Figure 5. Rapamycin rescued age-related night sleep fragmentation in an S6K-dependent manner.

(A) Rapamycin treatment (9 d) did not significantly affect day/night activity or wakefulness, but significantly increased night sleep duration, reduced night sleep fragmentation, and increased the length of night sleep periods (w^Dah, age 10 d, n = 21/20 control/rapamycin). (B) Average activity count data (30 min bins) under 12∶12 h LD. (C) Acute rapamycin treatment of 45-d-old flies for 3 d did not significantly affect day/night activity or wakefulness, but significantly increased night sleep duration, reduced night sleep fragmentation, and increased the length of night sleep periods (w^Dah, n = 64/64). Rapamycin-mediated night sleep, bout number, and bout length were independent of (D) 4E-BP (n = 19/19) and (E) reduced autophagy (a = da-Gal4/UAS-ATG5-RNAi, n = 20/17 or genetic controls c1 = da-Gal4/+, n = 20/21 and c2 = UAS-ATG5-RNAi/+, n = 23/19). Flies with reduced autophagy responded to rapamycin as controls in sleep (p = 0.81), bout number (p = 0.82), and night bout length (p = 0.42) (GLM). (F) Ubiquitous expression of constitutively active S6K blocked the rescue of night sleep fragmentation by rapamycin (c1 = da-Gal4/+, n = 20/21, and c2 = UAS-S6K^STDETE/+, n = 20/18, S6K = da-Gal4/UAS-S6K^STDETE, n = 20/17). Flies expressing a constitutively active form of S6K significantly differed from controls in the response to rapamycin (sleep p = 0.01, bout number p = 0.03, night bout length p = <0.0001, GLM). Kruskal Wallis test with Dunn's multiple comparisons of selected pairs. ***p<0.001, **p<0.01, and *p<0.05. Error bars represent s.e.m. Day behaviours of (D–F) are shown in Figure S6B–D.
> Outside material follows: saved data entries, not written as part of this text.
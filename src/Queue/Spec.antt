-- ===== src/Queue/Spec.antt =====
-- What the queue promises, one domain at a time: no tables, no order, no error texts. A domain's job
-- is absent, waiting, taken by a worker or buried, and each operation moves it between these.
use ca_dns.Prelude.{
  ℕ, ◌+◌, ◌-◌, ◌≤◌, ◌≡◌, Bool, true, false, not, ◌&&◌, List, [], ◌∷◌, ltb, leb, if◌then◌else◌,
  length, any,
}
use ca_dns.Prelude.Sort.{In}
use ca_dns.Prelude.Text.{Text, text_eq}
use ca_dns.Queue.{Reason, Job, QueuePolicy, retry_delay}

pub data Entry : Type 0 where
  absent : Entry
  waiting : (reason : Reason) (attempts next_attempt_at : ℕ) → Entry
  taken :
      (worker_id : Text) (locked_at : ℕ) (reason : Reason) (attempts next_attempt_at : ℕ) → Entry
  buried : (next_attempt_at : ℕ) → Entry

-- A new entry, or one whose cooldown is over.
abbrev pub revive : ℕ → Reason → Entry → Entry
revive now reason absent = waiting reason 0 now
revive now reason (waiting r n t) = waiting r n t
revive now reason (taken w l r n t) = taken w l r n t
revive now reason (buried t) = if leb t now then waiting reason 0 now else buried t

-- Due, and not taken by anybody whose time is not over.
abbrev pub may_take : QueuePolicy → ℕ → Entry → Bool
may_take policy now absent = false
may_take policy now (waiting r n t) = leb t now
may_take policy now (taken w l r n t) = leb t now && ltb (l + policy.lock_timeout_seconds) now
may_take policy now (buried t) = false

abbrev pub take_by : Text → ℕ → Entry → Entry
take_by worker_id now absent = absent
take_by worker_id now (waiting r n t) = taken worker_id now r (n + 1) t
take_by worker_id now (taken w l r n t) = taken worker_id now r (n + 1) t
take_by worker_id now (buried t) = buried t

-- A change that only the worker who has the job makes.
abbrev pub if_taken : Text → (Reason → ℕ → ℕ → Entry) → Entry → Entry
if_taken worker_id change absent = absent
if_taken worker_id change (waiting r n t) = waiting r n t
if_taken worker_id change (taken w l r n t) =
    if text_eq w worker_id then change r n t else taken w l r n t
if_taken worker_id change (buried t) = buried t

abbrev pub conclude : Reason → ℕ → ℕ → Entry
conclude reason attempts next_attempt_at = absent

abbrev pub give_up : QueuePolicy → ℕ → Job → Reason → ℕ → ℕ → Entry
give_up policy now job reason attempts next_attempt_at =
    if leb policy.max_attempts job.attempts
    then buried (now + policy.dead_cooldown_seconds)
    else waiting reason attempts (now + retry_delay policy job.attempts)

abbrev pub give_back : Reason → ℕ → ℕ → Entry
give_back reason attempts next_attempt_at = waiting reason (attempts - 1) next_attempt_at

-- The entries by domain, and a change of those of some domains.
abbrev pub Entries : Type 0
Entries = Text → Entry

abbrev pub change_at : (Text → Bool) → (Entry → Entry) → Entries → Entries
change_at names change entries =
    λ domain. if names domain then change (entries domain) else entries domain

-- What is asked of the queue, and by whom.
pub data Op : Type 0 where
  enqueue_op : (now : ℕ) (domains : List Text) (reason : Reason) → Op
  claim_op : (now : ℕ) (busy : Text → Bool) (worker_id : Text) (limit : ℕ) (jobs : List Job) → Op
  complete_op release_op : (job : Job) (worker_id : Text) → Op
  fail_op : (now : ℕ) (job : Job) (worker_id : Text) → Op

abbrev pub named : List Job → Text → Bool
named jobs domain = any (λ job. text_eq job.domain domain) jobs

-- Whether a claim may take an entry: it is ready, and no other transaction has it.
abbrev pub is_free : QueuePolicy → ℕ → (Text → Bool) → Entries → Text → Bool
is_free policy now busy entries domain = may_take policy now (entries domain) && not (busy domain)

-- A job has its entry's reason and counts one attempt more.
abbrev pub Shows : Job → Entry → Type 0
Shows job absent = ⊥
Shows job (waiting r n t) = (job.reason ≡ r) × (job.attempts ≡ n + 1)
Shows job (taken w l r n t) = (job.reason ≡ r) × (job.attempts ≡ n + 1)
Shows job (buried t) = ⊥

-- One operation. Of the entries that may be taken a claim gives some as jobs, as many as it is
-- allowed or all; which ones is left open.
pub data SpecStep (policy : QueuePolicy) : Op → Entries → Entries → Type 0 where
  enqueued :
      (now : ℕ) (domains : List Text) (reason : Reason) (entries : Entries)
      → SpecStep policy
          (enqueue_op now domains reason)
          entries
          (change_at (λ domain. any (text_eq domain) domains) (revive now reason) entries)
  claimed :
      (now : ℕ) (busy : Text → Bool) (worker_id : Text) (limit : ℕ) (jobs : List Job)
      (entries : Entries)
      → length jobs ≤ limit
      → ((job : Job) → In job jobs → Shows job (entries job.domain))
      → ((domain : Text) → named jobs domain ≡ true → is_free policy now busy entries domain ≡ true)
      → ((domain : Text)
          → named jobs domain ≡ false
          → is_free policy now busy entries domain ≡ true
          → length jobs ≡ limit)
      → SpecStep policy
          (claim_op now busy worker_id limit jobs)
          entries
          (change_at (named jobs) (take_by worker_id now) entries)
  completed :
      (job : Job) (worker_id : Text) (entries : Entries)
      → SpecStep policy
          (complete_op job worker_id)
          entries
          (change_at (λ domain. text_eq domain job.domain) (if_taken worker_id conclude) entries)
  failed :
      (now : ℕ) (job : Job) (worker_id : Text) (entries : Entries)
      → SpecStep policy (fail_op now job worker_id) entries (
          change_at
            (λ domain. text_eq domain job.domain)
            (if_taken worker_id (give_up policy now job))
            entries)
  released :
      (job : Job) (worker_id : Text) (entries : Entries)
      → SpecStep policy
          (release_op job worker_id)
          entries
          (change_at (λ domain. text_eq domain job.domain) (if_taken worker_id give_back) entries)

-- The operations of a list, one after the other.
pub data SpecSteps (policy : QueuePolicy) : List Op → Entries → Entries → Type 0 where
  stay : (entries : Entries) → SpecSteps policy [] entries entries
  then_on :
      (op : Op) (ops : List Op) (a b c : Entries)
      → SpecStep policy op a b
      → SpecSteps policy ops b c
      → SpecSteps policy (op ∷ ops) a c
Figure 6. Dopamine receptor mutants do not respond to rapamycin treatment.

(A) DopR1 mutants had similar activity and sleep features as rapamycin-fed flies. Behaviour of DopR1 mutants was not affected by rapamycin feeding (age 10 d, n = 64 for all genotypes). Flies were fed with rapamycin for 9 d. (B) dilp2-3,5, DopR1 mutants had similar activity and sleep features as dilp2-3,5 mutants (n = 64 for all genotypes). (C) QRT-PCR analysis of dopamine receptor (DopR1) expression normalized to Rpl32 expression and controls in head extracts of dilp2-3,5 mutants (age 10 d, n = 9) and da-Gal4/UAS/INR^DN flies and da-Gal4/INR^DN;dfoxo mutants (age 10 d, n = 3). (D) Mass spectrometry measurement of dopamine levels in head extracts of female flies (age 10 d, n = 3). (E) QRT-PCR analysis of DAT expression, normalized to Rpl32 expression (n = 9). (F) Behaviour of IIS mutants after short-term exposure (2 d) to the tyrosine hydroxylase inhibitor 3IY (5 mg/ml) (age 35 d, n = 32 for all genotypes). IIS mutants differed from controls in the nighttime activity and sleep response to 3IY treatment, but not in bout or bout length (activity p = 0.044, sleep p = 0.014, bout number p = 0.276, night bout length p = 0.463, GLM). (G) Behaviour of IIS mutants after short-term (12 h) exposure to METH (1 mg/ml) (age 25 d, n = 48 for all genotypes). IIS mutants differed from controls in daytime behaviours after METH treatment (activity p = 0.005, sleep p = <0.0001, bout number p = 0.0002, bout length p = 0.031, GLM) along with nighttime bouts (p = <0.0001) and bout length (p = <0.0001), whereas nighttime activity and sleep did not differ (activity p = 0.796, sleep p = 0.352, GLM). (A, B, G) Kruskal Wallis test with Dunn's multiple comparison of selected pairs. (F) Individual comparisons by Mann–Whitney U test. (C–E) Two-tailed t test. ***p<0.001, **p<0.01, and *p<0.05. Error bars represent s.e.m. (C, E, F) QRT-PCR analysis normalized to RNApolII expression shown in Figure S5D.